> **The problem**
How many lines in the records below include "rfind"? Answer with the number only.

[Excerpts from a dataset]
************
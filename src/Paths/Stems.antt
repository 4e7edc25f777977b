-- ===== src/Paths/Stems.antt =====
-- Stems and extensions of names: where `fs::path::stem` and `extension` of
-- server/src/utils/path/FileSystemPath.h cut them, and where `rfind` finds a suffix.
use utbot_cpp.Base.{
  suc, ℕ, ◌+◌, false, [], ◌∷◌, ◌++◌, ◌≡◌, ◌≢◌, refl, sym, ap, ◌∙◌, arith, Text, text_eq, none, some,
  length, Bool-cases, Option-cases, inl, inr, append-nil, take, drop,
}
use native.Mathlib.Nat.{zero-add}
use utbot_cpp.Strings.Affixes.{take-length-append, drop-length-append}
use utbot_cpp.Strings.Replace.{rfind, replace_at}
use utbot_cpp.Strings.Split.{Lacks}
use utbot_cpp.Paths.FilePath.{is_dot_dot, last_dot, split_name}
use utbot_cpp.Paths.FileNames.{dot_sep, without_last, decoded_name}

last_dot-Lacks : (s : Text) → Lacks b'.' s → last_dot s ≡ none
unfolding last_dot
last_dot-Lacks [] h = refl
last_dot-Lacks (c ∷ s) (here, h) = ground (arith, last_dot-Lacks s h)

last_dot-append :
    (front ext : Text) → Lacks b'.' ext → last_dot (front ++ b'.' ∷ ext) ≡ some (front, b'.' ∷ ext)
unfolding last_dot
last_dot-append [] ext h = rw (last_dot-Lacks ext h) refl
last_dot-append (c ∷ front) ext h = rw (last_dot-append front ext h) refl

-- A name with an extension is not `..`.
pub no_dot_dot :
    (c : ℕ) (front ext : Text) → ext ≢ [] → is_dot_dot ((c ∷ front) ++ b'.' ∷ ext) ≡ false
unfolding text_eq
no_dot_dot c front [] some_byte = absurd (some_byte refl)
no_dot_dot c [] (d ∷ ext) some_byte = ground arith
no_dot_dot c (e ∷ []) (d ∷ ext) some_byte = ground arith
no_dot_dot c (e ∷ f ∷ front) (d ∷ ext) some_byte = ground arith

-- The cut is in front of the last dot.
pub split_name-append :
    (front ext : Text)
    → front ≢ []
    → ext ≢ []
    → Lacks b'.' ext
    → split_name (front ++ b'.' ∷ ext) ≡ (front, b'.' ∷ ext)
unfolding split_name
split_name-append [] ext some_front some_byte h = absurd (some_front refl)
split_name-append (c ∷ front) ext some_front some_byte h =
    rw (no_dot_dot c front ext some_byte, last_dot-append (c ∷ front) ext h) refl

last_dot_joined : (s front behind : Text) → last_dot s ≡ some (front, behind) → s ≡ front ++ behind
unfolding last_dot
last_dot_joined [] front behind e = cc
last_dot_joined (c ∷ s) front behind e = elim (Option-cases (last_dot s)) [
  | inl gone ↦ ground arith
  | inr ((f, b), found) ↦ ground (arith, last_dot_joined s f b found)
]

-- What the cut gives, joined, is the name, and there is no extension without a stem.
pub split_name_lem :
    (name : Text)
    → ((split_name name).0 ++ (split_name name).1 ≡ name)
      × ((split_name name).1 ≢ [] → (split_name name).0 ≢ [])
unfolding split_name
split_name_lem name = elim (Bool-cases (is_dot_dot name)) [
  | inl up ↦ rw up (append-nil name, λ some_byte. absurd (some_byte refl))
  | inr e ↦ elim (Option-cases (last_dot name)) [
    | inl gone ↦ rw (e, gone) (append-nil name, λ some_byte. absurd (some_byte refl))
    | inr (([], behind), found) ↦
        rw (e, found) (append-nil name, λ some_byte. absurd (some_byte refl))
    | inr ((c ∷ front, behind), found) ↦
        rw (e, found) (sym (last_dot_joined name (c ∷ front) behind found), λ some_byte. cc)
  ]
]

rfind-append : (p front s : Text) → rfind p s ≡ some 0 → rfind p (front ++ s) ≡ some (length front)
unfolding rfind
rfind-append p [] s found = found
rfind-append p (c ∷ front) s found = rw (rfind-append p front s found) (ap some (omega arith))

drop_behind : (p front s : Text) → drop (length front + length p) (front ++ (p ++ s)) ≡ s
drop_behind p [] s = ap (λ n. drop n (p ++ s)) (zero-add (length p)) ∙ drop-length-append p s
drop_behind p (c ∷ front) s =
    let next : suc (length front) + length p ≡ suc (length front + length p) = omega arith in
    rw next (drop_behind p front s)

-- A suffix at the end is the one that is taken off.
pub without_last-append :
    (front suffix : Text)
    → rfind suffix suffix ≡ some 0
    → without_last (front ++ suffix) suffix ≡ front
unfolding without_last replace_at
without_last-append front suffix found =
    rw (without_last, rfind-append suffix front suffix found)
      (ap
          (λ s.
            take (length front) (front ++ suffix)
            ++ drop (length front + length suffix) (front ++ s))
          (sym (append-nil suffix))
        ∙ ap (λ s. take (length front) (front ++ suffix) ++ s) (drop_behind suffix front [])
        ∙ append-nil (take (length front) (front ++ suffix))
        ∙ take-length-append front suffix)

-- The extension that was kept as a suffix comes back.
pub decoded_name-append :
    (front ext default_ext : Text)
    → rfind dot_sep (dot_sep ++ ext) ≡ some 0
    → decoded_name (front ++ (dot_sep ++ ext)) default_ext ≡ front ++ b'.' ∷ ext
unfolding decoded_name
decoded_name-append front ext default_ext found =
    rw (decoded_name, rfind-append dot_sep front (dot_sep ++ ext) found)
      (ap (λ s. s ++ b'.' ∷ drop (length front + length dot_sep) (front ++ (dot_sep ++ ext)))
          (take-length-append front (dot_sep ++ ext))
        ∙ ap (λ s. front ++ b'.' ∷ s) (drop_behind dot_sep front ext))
************
> **Expected answer**
10